In his remarks, Browne echoed those sentiments and said that the company has “earned our reputation as a trusted brand for sport,” but by homing in on the rest of their day, it represents “a significant long-term growth opportunity that triples the addressable market for Under Armour.”
This reflects an about-face from Frisk’s mission, which was to focus completely on the athletic part of the business. But Browne said the new focus is to offer performance products with style or “science wrapped in art.” In October, Under Armour soft-launched the SlipSpeed, a training shoe with a convertible heel that allows wearers to switch between active and recovery modes, he said. He said the shoe falls in “the space between moments of style and self-expression.” It launches globally on Feb. 14 and is the first product in a larger “hybrid platform,” he said.

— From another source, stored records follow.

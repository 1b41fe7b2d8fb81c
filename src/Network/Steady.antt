-- ===== src/Network/Steady.antt =====
-- Ten equal reports wipe out what was before them in the network statistics of
-- crates/webrtc-manager/src/entities/subscriber.rs.
use waterbus_rs.Base.{
  ℕ, zero, suc, ◌+◌, ◌^◌, ◌≤◌, ◌<◌, ◌≡◌, refl, ap, sym, ◌∙◌, Bool, false, List, [], ◌∷◌, ◌++◌, map,
  arith, leb, length, length-append, Bool-cases, inl, inr, subst,
}
use mathlib.Core.List.{append_assoc, append-nil}
use native.Mathlib.Nat.{zero-add}
use waterbus_rs.Network.{
  NetworkStats, push_history, update_twcc, assess, average, as_millis, loss_penalty, history_size,
}

-- Histories that are not too long.
pub record IsBounded (s : NetworkStats) : Type 0 where
  pub delays : length s.delay_history ≤ history_size
  pub jitters : length s.jitter_history ≤ history_size

push_history-bounded :
    (x : ℕ) (h : List ℕ) → length h ≤ history_size → length (push_history x h) ≤ history_size
unfolding push_history
push_history-bounded x [] k = omega arith
push_history-bounded x (y ∷ h) k = ground (arith, length-append h (x ∷ []))

update_twcc-IsBounded :
    (d j : ℕ) (loss : Bool) (now now' : ℕ) (s : NetworkStats)
    → IsBounded s
    → IsBounded (update_twcc d j loss now now' s)
unfolding update_twcc
update_twcc-IsBounded d j loss now now' s h = record {
  delays = push_history-bounded d s.delay_history h.delays;
  jitters = push_history-bounded j s.jitter_history h.jitters;
}

-- `k` updates that report the same delay and jitter and no loss.
unfoldable pub repeat_update : ℕ → ℕ → ℕ → ℕ → NetworkStats → NetworkStats
repeat_update zero d j now s = s
repeat_update (suc k) d j now s = repeat_update k d j now (update_twcc d j false now now s)

abbrev replicate : ℕ → ℕ → List ℕ
replicate zero x = []
replicate (suc n) x = x ∷ replicate n x

-- A history that ends with `k` copies of `x`.
abbrev EndsWith : ℕ → ℕ → List ℕ → Type 0
EndsWith k x h = (before : List ℕ) × (h ≡ before ++ replicate k x)

replicate-snoc : (k x : ℕ) → replicate k x ++ x ∷ [] ≡ replicate (suc k) x
replicate-snoc zero x = refl
replicate-snoc (suc k) x = ap (λ t. x ∷ t) (replicate-snoc k x)

length-replicate : (k x : ℕ) → length (replicate k x) ≡ k
length-replicate zero x = refl
length-replicate (suc k) x = ap suc (length-replicate k x)

snoc-ends :
    (before : List ℕ) (k x : ℕ)
    → (before ++ replicate k x) ++ x ∷ [] ≡ before ++ replicate (suc k) x
snoc-ends before k x =
    append_assoc before (replicate k x) (x ∷ []) ∙ ap (λ t. before ++ t) (replicate-snoc k x)

push-ends :
    (before : List ℕ) (k x : ℕ)
    → k < history_size
    → EndsWith (suc k) x (push_history x (before ++ replicate k x))
unfolding push_history
push-ends [] k x small = ([], ground (arith, length-replicate k x, snoc-ends [] k x))
push-ends (p ∷ ps) k x small =
    elim (Bool-cases (leb history_size (length (p ∷ ps ++ replicate k x)))) [
      | inl full ↦ (ps, rw full (snoc-ends ps k x))
      | inr room ↦ (p ∷ ps, rw room (snoc-ends (p ∷ ps) k x))
    ]

push-EndsWith :
    (k x : ℕ) (h : List ℕ)
    → k < history_size
    → EndsWith k x h
    → EndsWith (suc k) x (push_history x h)
push-EndsWith k x h small (before, e) =
    subst (λ t. EndsWith (suc k) x (push_history x t)) (sym e) (push-ends before k x small)

repeat-ends :
    (n k d j now : ℕ) (s : NetworkStats)
    → n + k ≤ history_size
    → IsBounded s
    → EndsWith k d s.delay_history
    → EndsWith k j s.jitter_history
    → EndsWith (n + k) d (repeat_update n d j now s).delay_history
      × EndsWith (n + k) j (repeat_update n d j now s).jitter_history
      × IsBounded (repeat_update n d j now s)
unfolding repeat_update update_twcc
repeat-ends zero k d j now s small h ed ej = rw zero-add (ed, ej, h)
repeat-ends (suc n) k d j now s small h ed ej =
    let r =
      repeat-ends n (suc k) d j now (update_twcc d j false now now s) (omega arith)
        (update_twcc-IsBounded d j false now now s h)
        (push-EndsWith k d s.delay_history (omega arith) ed)
        (push-EndsWith k j s.jitter_history (omega arith) ej) in
    let e : n + suc k ≡ suc n + k = omega arith in rw e at r

whole_history :
    (x : ℕ) (h : List ℕ) → length h ≤ history_size → EndsWith 10 x h → h ≡ replicate 10 x
whole_history x h bound ([], e) = e
whole_history x h bound (b ∷ before, e) =
    absurd (
      omega
        (arith, ap length e, length-append (b ∷ before) (replicate 10 x), length-replicate 10 x))

update_assessed :
    (d j now : ℕ) (s : NetworkStats)
    → s.packet_loss_count ≡ 0
    → ((update_twcc d j false now now s).packet_loss_count ≡ 0)
      × ((update_twcc d j false now now s).twcc_quality
          ≡ assess
              (average (map as_millis (update_twcc d j false now now s).delay_history))
              (average (update_twcc d j false now now s).jitter_history)
              0)
unfolding update_twcc loss_penalty
update_assessed d j now s clean = ground arith

abbrev Assessed : NetworkStats → Type 0
Assessed s =
    s.twcc_quality ≡ assess (average (map as_millis s.delay_history)) (average s.jitter_history) 0

repeat-Assessed :
    (n d j now : ℕ) (s : NetworkStats)
    → s.packet_loss_count ≡ 0
    → Assessed (repeat_update (suc n) d j now s)
unfolding repeat_update
repeat-Assessed zero d j now s clean = (update_assessed d j now s clean).1
repeat-Assessed (suc n) d j now s clean =
    repeat-Assessed n d j now (update_twcc d j false now now s) (update_assessed d j now s clean).0

average-replicate : (x : ℕ) → x < 2 ^ 60 → average (replicate 10 x) ≡ x
unfolding average
average-replicate x h = omega arith

-- From any statistics with histories of at most ten entries and no loss counted, after ten reports
-- of one delay and one jitter count, both below 2 ^ 60, without loss and all read at one time, the
-- quality is the one that the tests give for this delay and this count alone: nothing older has
-- any influence.
pub steady_network :
    (d j now : ℕ) (s : NetworkStats)
    → IsBounded s
    → s.packet_loss_count ≡ 0
    → d < 2 ^ 60
    → j < 2 ^ 60
    → (repeat_update 10 d j now s).twcc_quality ≡ assess (as_millis d) j 0
steady_network d j now s bounded clean small_d small_j =
    let r =
      repeat-ends 10 0 d j now s (omega arith) bounded
        (s.delay_history, sym (append-nil s.delay_history))
        (s.jitter_history, sym (append-nil s.jitter_history)) in
    let ed = whole_history d _ r.2.delays r.0 in
    let ej = whole_history j _ r.2.jitters r.1 in
    repeat-Assessed 9 d j now s clean
    ∙ rw (ed, ej, average-replicate (as_millis d) (omega arith), average-replicate j small_j)
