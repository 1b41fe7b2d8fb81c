-- ===== src/Quality/Codes.antt =====
-- The byte codes of qualities and connection types (models/quality.rs, connection_type.rs).
use waterbus_rs.Base.{ℕ, ◌≡◌, ◌<◌, ◌≤◌, arith}
use waterbus_rs.Quality.{
  TrackQuality, from_u8, as_u8, min_quality, ConnectionType, connection_from_u8, connection_to_u8,
}

-- What is stored in an `AtomicU8` is read back: every quality and every connection type survives
-- its byte code, and every other byte is read as no quality or as peer to peer.
pub codes_roundtrip :
    ((q : TrackQuality) → from_u8 (as_u8 q) ≡ q)
    × ((c : ConnectionType) → connection_from_u8 (connection_to_u8 c) ≡ c)
    × ((n : ℕ) → 3 < n → from_u8 n ≡ TrackQuality.none)
    × ((n : ℕ) → 1 < n → connection_from_u8 n ≡ ConnectionType.p2p)
unfolding from_u8 connection_from_u8
codes_roundtrip = (λ q. ground arith, λ c. ground arith, λ n h. ground arith, λ n h. ground arith)

pub from_u8-as_u8 : (q : TrackQuality) → from_u8 (as_u8 q) ≡ q
from_u8-as_u8 q = codes_roundtrip.0 q

pub connection_from-to : (c : ConnectionType) → connection_from_u8 (connection_to_u8 c) ≡ c
connection_from-to c = codes_roundtrip.1 c

-- The smaller of two qualities is a lower bound, and is one of the two.
pub min_quality_le :
    (a b : TrackQuality) → (as_u8 (min_quality a b) ≤ as_u8 a) × (as_u8 (min_quality a b) ≤ as_u8 b)
unfolding min_quality
min_quality_le a b = ground arith
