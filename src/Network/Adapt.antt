-- ===== src/Network/Adapt.antt =====
-- How often the preferred quality changes.
use waterbus_rs.Base.{ℕ, ◌+◌, ◌≤◌, ◌<◌, ◌≡◌, refl, List, [], ◌∷◌, arith}
use waterbus_rs.Quality.{from_u8, quality_eq_iff}
use waterbus_rs.Quality.Codes.{from_u8-as_u8}
use waterbus_rs.Network.{
  NetworkStats, Adaptation, Report, adapt, monitor_rtcp, process_reports, process_twcc_feedback,
  update_twcc, should_update_quality, millis, secs,
}

process_reports-last :
    (rs : List Report) (s : NetworkStats)
    → (process_reports rs s).last_quality_change ≡ s.last_quality_change
unfolding process_reports process_twcc_feedback update_twcc
process_reports-last [] s = refl
process_reports-last (r ∷ rs) s = process_reports-last rs (process_twcc_feedback r s)

-- Less than 1.5 seconds after the last change, a tick of the monitor leaves the preferred quality as
-- it is, keeps the time of the last change, and notifies nobody, whatever the feedback.
pub no_early_change :
    (rs : List Report) (now now' : ℕ) (a : Adaptation)
    → now < a.stats.last_quality_change + millis 1500
    → ((monitor_rtcp rs now now' a).preferred_quality ≡ a.preferred_quality)
      × ((monitor_rtcp rs now now' a).stats.last_quality_change ≡ a.stats.last_quality_change)
      × ((monitor_rtcp rs now now' a).notified ≡ a.notified)
unfolding monitor_rtcp adapt should_update_quality
no_early_change [] now now' a h = (refl, refl, refl)
no_early_change (r ∷ rs) now now' a h = ground (arith, process_reports-last (r ∷ rs) a.stats)

-- Two seconds after the last change or later, a tick that reads some feedback leaves the preferred
-- quality equal to the assessed one.
pub late_tick_settles :
    (r : Report) (rs : List Report) (now now' : ℕ) (a : Adaptation)
    → a.stats.last_quality_change + secs 2 ≤ now
    → from_u8 (monitor_rtcp (r ∷ rs) now now' a).preferred_quality
      ≡ (monitor_rtcp (r ∷ rs) now now' a).stats.twcc_quality
unfolding monitor_rtcp adapt should_update_quality
late_tick_settles r rs now now' a h = ground (
  arith,
  process_reports-last (r ∷ rs) a.stats,
  from_u8-as_u8 (process_reports (r ∷ rs) a.stats).twcc_quality,
  quality_eq_iff (process_reports (r ∷ rs) a.stats).twcc_quality (from_u8 a.preferred_quality),
)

The shoe will be showcased in a pop-up store in New York City’s Flatiron District, along with the complementary apparel in a newly imagined retail concept that features “less product density and enhanced storytelling.” The apparel includes structured wovens, new iterations of the Unstoppable men’s and women’s bottoms, performance T-shirts and sports bras. But Browne said the bulk of the lifestyle product will make its appearance for fiscal 2025 and beyond.
The company is also evolving its marketing efforts, he said, to better connect with the younger athlete. That includes an enhanced social media presence centered around more culturally relevant issues.
As a result of the strong showing in the quarter, Under Armour raised its outlook for fiscal 2023 and is now projecting earnings per share of 52 to 56 cents a share, up from 44 cents to 48 cents. Sales are still expected to be in the low-single-digit range and operating income also remains unchanged at $270 million to $290 million projected.
On a down day in the market, the stock closed at $9.99, down 91 cents, or 8.4 percent.